Right now I have to use a 1/4" roundover (with bearing) on the edge of Cherry and Soft Maple. Think about a 1" x 6" x 12" and the rounding is for the 1" edge at the four corners.

My experiments show that top speed on the router is a real burner regardless of the feed rate. Slow speed is the same with just a little less burn. Medium with a fast feed rate seems to be the most successful, but not burn free.

I'm using a 1/2" shank with two carbide cutters and a bearing. I believe the brand is the Woodcraft house brand. This is being done on a table mount with Craftsman router.

Questions:
1) Are there router bit types that are more forgiving for burn in these woods?
2) Is my medium speed and feed fast the best approach?
3) In cutting Cherry and Soft Maple on; scroll saw, bandsaw and table saw, I have found a strip of packaging tape on at least one side of the board does away with the burning. Any tricks like that for a router bit?

Right now I am having to use a sanding block with 220 grit to remove the burns. Not the end of the world, but annoying.

Steve.


----------



## Quillman (Aug 16, 2010)

Key here is stage routing, independent of the cutter source.
Another point, cutters wear out fast. Typically, in 300', wear lines begin to show on the work.
What to do for perfect results? Waste 95% with your burning cutter, waste the last 5% with a new tool bit.

Second best shot, take 95% with your present cutter and last pass 5% cut with sasme tool.
If that burns , your cutter is dead.

Feed rate is important but not so much on the finish cut, essentially safe at any speed!


----------



## Mike (Nov 22, 2004)

Steve, reducing the amount of material removed in a single pass will often help but a 1/4" roundover bit should handle the job with no problems. The bit isn't in contact with the wood long enough to heat up if it is properly sharpened. My guess is the bit is dull; have you cut much material with it? If not then return it for exchange; if yes then either have it sharpened or replace it. Since a 1/4" roundover bit is used a great deal I would buy a premium bit like Whiteside.


----------



## SteveMI (May 29, 2011)

There isn't much time on the bit, but I can't say it is sharp either. I really like Whiteside and most of my bits are those. This was a "sale" purchase I am sure. 

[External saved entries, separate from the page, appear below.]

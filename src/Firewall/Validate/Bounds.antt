-- ===== src/Firewall/Validate/Bounds.antt =====
-- What the checks of addresses and ports let through.
use emarecloud.Prelude.{
  ◌≤◌, String, ◌≡◌, ◌⊎◌, inl, inr, true, false, Option, none, some, List, [], ◌∷◌, arith,
  Bool-cases, nat_eq, string_eq, pair_eq,
}
use emarecloud.Text.{is_empty, strip}
use emarecloud.Text.Split.{split_on, digit_runs, decimal}
use emarecloud.Firewall.Quote.{sq}
use emarecloud.Firewall.Forms.{is_ip}
use Prim.Native.String.{◌++◌}
use emarecloud.Firewall.Forms.Bounds.{IsAddress, is_address_bound, all_address, is_ip-all_address}
use emarecloud.Firewall.Mq.{mq}
use emarecloud.Firewall.Validate.Plain.{sq-all_address, mq-all_address}
use emarecloud.Firewall.Validate.{
  checked, range_error, piece_error, first_error, validate_port, validate_ip,
}

validate_ip_inv :
    (value v : String)
    → validate_ip value ≡ inr v
    → (v ≡ strip value) × (is_ip v ≡ true) × (is_empty v ≡ false)
unfolding validate_ip
validate_ip_inv value v h = ground (arith, h)

-- An address that the check accepts is the stripped value. It has four numbers of at most 255
-- between dots and, behind a slash, a number of at most 32 or nothing; each of its characters is a
-- decimal digit of some script, a dot or a slash; quoting for a shell gives the value itself or
-- the value between quotes, and quoting for Emare OS gives the value itself.
pub validate_ip_bounds :
    (value v : String)
    → validate_ip value ≡ inr v
    → (v ≡ strip value)
      × IsAddress (split_on 47 v)
      × (all_address v ≡ true)
      × ((sq v ≡ v) ⊎ (sq v ≡ "'" ++ (v ++ "'")))
      × (mq v ≡ inr v)
unfolding is_ip
validate_ip_bounds value v h =
    let (s, i, e) = validate_ip_inv value v h in
    let plain = is_ip-all_address v i in
    (
      s,
      is_address_bound (split_on 47 v) i,
      plain,
      sq-all_address v e plain,
      mq-all_address v e plain,
    )

pub mq-eq_of_validate_ip : (value v a : String) → validate_ip value ≡ inr v → mq v ≡ inr a → a ≡ v
mq-eq_of_validate_ip value v a h m =
    let (s, i, p, q, bare) = validate_ip_bounds value v h in ground (arith, m, bare)

abbrev pub ArePorts : List String → Type 0
ArePorts [] = Unit
ArePorts (n ∷ ns) = (1 ≤ decimal n) × (decimal n ≤ 65535) × ArePorts ns

abbrev pub HavePorts : List String → Type 0
HavePorts [] = Unit
HavePorts (p ∷ ps) = ArePorts (digit_runs (strip p)) × HavePorts ps

range_error_bound : (ns : List String) → range_error ns ≡ none → ArePorts ns
unfolding range_error
range_error_bound [] h = tt
range_error_bound (n ∷ ns) h =
    let rest : range_error ns ≡ none = ground (arith, h) in
    (ground (arith, h), ground (arith, h), range_error_bound ns rest)

first_error_bound : (ps : List String) → first_error ps ≡ none → HavePorts ps
unfolding first_error piece_error
first_error_bound [] h = tt
first_error_bound (p ∷ ps) h =
    let here : range_error (digit_runs (strip p)) ≡ none = ground (arith, h) in
    let rest : first_error ps ≡ none = ground (arith, h) in
    (range_error_bound (digit_runs (strip p)) here, first_error_bound ps rest)

checked_inv : (e : Option String) (p v : String) → checked e p ≡ inr v → (e ≡ none) × (v ≡ p)
checked_inv none p v h = ground (arith, h)
checked_inv (some e) p v h = cc

validate_port_inv :
    (value v : String)
    → validate_port value ≡ inr v
    → checked (first_error (split_on 44 (strip value))) (strip value) ≡ inr v
unfolding validate_port
validate_port_inv value v h = elim (Bool-cases (is_empty (strip value))) [
  | inl e ↦ cc
  | inr e ↦ ground (arith, h, e)
]

-- Every number in a port, a range or a list of them that the check accepts is from 1 to 65535, and the
-- accepted text is the stripped value.
pub validate_port_bounds :
    (value v : String) → validate_port value ≡ inr v → (v ≡ strip value) × HavePorts (split_on 44 v)
validate_port_bounds value v h =
    let (e, same) =
      checked_inv (first_error (split_on 44 (strip value))) (strip value) v
        (validate_port_inv value v h) in
    (same, rw same (first_error_bound (split_on 44 (strip value)) e))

Next step a Whiteside. Only cutting one inch at a time, I am going to try without the staged cutting for now. (Although, I am routing corners on 20 of the squares at a time, so...)

Steve.


----------



## st8yd (May 10, 2011)

Instead of stage cutting, I often "loose cut it" for lack of a better phase, in otherwords I don't push the bearing tight and/or hold it away a little. Then hit it a 2nd time and push it tight on the bearing. In effect stage cutting but just from the side and not the top.

You could also jig a small spacer for the bearing to ride against then slide it back and re-hit it.


----------



## Slimpy1 (Aug 14, 2010)

Sharpness is essential. For carbide , even new bits, I use small diamond sharpeners to polish faces and just a bit of the edges . Just look for a very small bevel on the edge. If you take too much off of the edge then you may change the relief angle which can also cause burning.


----------



## dharps (Sep 18, 2009)

Friends: Good replies......Although, I'm surprised that no one has mentioned that cherry is the wood most likely to burn. I.e. For cherry, a keen edge is essential. Soft maple may be second although I have only worked with hard maple.
Peace


----------



## Phil P (Jul 25, 2010)

On saws I've found that cherry and maple or sycamore all require fairly new blades with a full relief angle to avoid burning. When a sawblade has been ground three or four times the depth of carbide (and thus the relief angles) is much reduced and burning is much more likely. I'd say the same applies to router cutters. Good dust extraction is another must have on these timbers to avoid burning

Regards

Phil


----------



## Andynealg (Dec 26, 2009)

On a previous forum I learned to make a 0 clearance fence. I used 1/4 inch poly and screwed 2 3' pieces on each end of an 8 foot fence with a two foot "sacrificial" piece in the center. I held one end of the two foot fence with the router running and rotated the other end against the spinning bit to make the 0 clearance. This seemed to make quite a difference when routing contured caps on 6" cherry base mouldings. If I want a different bit, I can just change the center piece.


----------



## Mike (Nov 22, 2004)

Andy, what you are describing is a chip break in the fence, not a zero clearance. The purpose of this is to reduce tear out. You should have a through hole in the fence for dust extraction. If chips and sawdust are not evacuated you will hear a snapping sound with many types of wood.


----------